DARPA, Organoid Cytomorphic Intelligence Resulting from Convergent Understanding and Information Transfer (O-Circuit) program, March 2026
For the Action task area, DARPA wants to develop an odorant sensory array that uses actual biological olfactory receptor neurons to sniff out and detect certain threats.
These “operationally relevant odorants” include, but are not limited to, explosives precursors, chemical agent surrogates, and toxic industrial chemicals.
The Action task area will be merged with the Architecture task area, so “performers will be expected to integrate the olfactory-enabled BPU with a drone navigation platform and demonstrate real-time, 2D+ physical navigation based on odorant signals.”

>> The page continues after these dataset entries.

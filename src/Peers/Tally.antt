-- ===== src/Peers/Tally.antt =====
-- Counting the neighbors that are up, by their version.
use eigrpd.Base.{
  ℕ, ◌+◌, ◌≤◌, ◌≡◌, refl, ap, true, false, ◌&&◌, Option, none, some, List, [], ◌∷◌, ◌==◌,
  if◌then◌else◌, length, arith,
}
use eigrpd.State.{write}
use eigrpd.Neighbor.{is_up}
use eigrpd.Peers.{Peer}

abbrev pub counted : ℕ → Option Peer → ℕ
counted version none = 0
counted version (some q) = if is_up q.state && q.tlv_version == version then 1 else 0

abbrev pub tally : ℕ → (ℕ → Option Peer) → List ℕ → ℕ
tally version peers [] = 0
tally version peers (p ∷ l) = counted version (peers p) + tally version peers l

-- A neighbor of the list, which has it once.
abbrev pub Apart : ℕ → List ℕ → Type 0
Apart p [] = Unit
Apart p (x ∷ l) = ((x == p) ≡ false) × Apart p l

pub data Once (p : ℕ) : List ℕ → Type 0 where
  first : (l : List ℕ) → Apart p l → Once p (p ∷ l)
  later : (x : ℕ) (l : List ℕ) → (x == p) ≡ false → Once p l → Once p (x ∷ l)

tally-Apart :
    (version : ℕ) (peers : ℕ → Option Peer) (p : ℕ) (o : Option Peer) (l : List ℕ)
    → Apart p l
    → tally version (write peers p o) l ≡ tally version peers l
tally-Apart version peers p o [] a = refl
tally-Apart version peers p o (x ∷ l) (ne, a) =
    rw ne (ap (λ n. counted version (peers x) + n) (tally-Apart version peers p o l a))

-- One neighbor changes.
pub tally-write :
    (version : ℕ) (peers : ℕ → Option Peer) (p : ℕ) (o : Option Peer) (l : List ℕ)
    → Once p l
    → tally version (write peers p o) l + counted version (peers p)
      ≡ tally version peers l + counted version o
tally-write version peers p o _ (first l a) =
    let here : (p == p) ≡ true = ground arith in
    rw here (omega (arith, tally-Apart version peers p o l a))
tally-write version peers p o _ (later x l ne h) =
    rw ne (omega (arith, tally-write version peers p o l h))

pub tally_le :
    (version : ℕ) (peers : ℕ → Option Peer) (l : List ℕ) → tally version peers l ≤ length l
tally_le version peers [] = omega arith
tally_le version peers (x ∷ l) =
    omega (arith, tally_le version peers l, counted_le version (peers x))
  where
    counted_le : (version : ℕ) (o : Option Peer) → counted version o ≤ 1
    counted_le version none = omega arith
    counted_le version (some q) = ground arith

pub counted_le_tally :
    (version : ℕ) (peers : ℕ → Option Peer) (p : ℕ) (l : List ℕ)
    → Once p l
    → counted version (peers p) ≤ tally version peers l
counted_le_tally version peers p _ (first l a) = omega arith
counted_le_tally version peers p _ (later x l ne h) =
    omega (arith, counted_le_tally version peers p l h)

“(Action) will focus on developing biological ‘wetware’ architectures that integrate a BPU, an odorant sensor array, and drone-based navigation into a sense-compute-action system that acts on the physical world”
DARPA, Organoid Cytomorphic Intelligence Resulting from Convergent Understanding and Information Transfer (O-Circuit) program, March 2026
While DARPA is in the business of research and development funding for military purposes, one can imagine other applications for this technology, and from which types of animals they may take inspiration.
According to the World Atlas, rodents can sniff-out landmines, kiwis can find food buried underground, moths can locate female sex hormones from great distances, and elephants can detect water from 12 miles away.
Dogs, too, can smell epileptic seizures before they happen.
Having biologically inspired computers equipped with the olfactory capabilities of the entire animal kingdom could produce breakthroughs in healthcare, drug detection, food safety, national defense, and a whole host of other potential areas, for good or ill.
Leading O-Circuit is program manager Jeffrey Zaleski, who joined DARPA in August 2024.
A chemistry professor of almost 30 years at Indiana University Bloomington, Dr. Zaleski published over 100 research papers, gave more than 90 conference presentations, and held four patents, according to his bio.
He is also the program manager for DARPA’s Ice Control for cold Environments (ICE) program, which takes inspiration from organisms that inhabit environments prone to ice formation and that have evolved unique biological adaptations to mitigate, and in some instances exploit, the physical properties of ice in order to survive and flourish in harsh conditions.
For DARPA, this could mean the “prevention of frostbite injuries, reduction of ice accretion on vehicles, vessels, and aircraft, decreased damage to infrastructure, maintaining aqueous solutions (potable water, medicines), solving transportation and logistics challenges (ice bridges, roads, runways), and enabling field operations.”
“DARPA created the Organoid Cytomorphic Intelligence Resulting from Convergent Understanding and Information Transfer (O-Circuit) program, which seeks to develop a new class of biologically inspired computer”
DARPA, Organoid Cytomorphic Intelligence Resulting from Convergent Understanding and Information Transfer (O-Circuit) program, March 2026
O-Circuit is tentatively planned as three (3) Phases:
Registrations for the O-Circuit proposers workshop are due April 3 and the workshop itself will take place both virtually and in-person at the Executive Conference Center in Arlington, VA on April 10.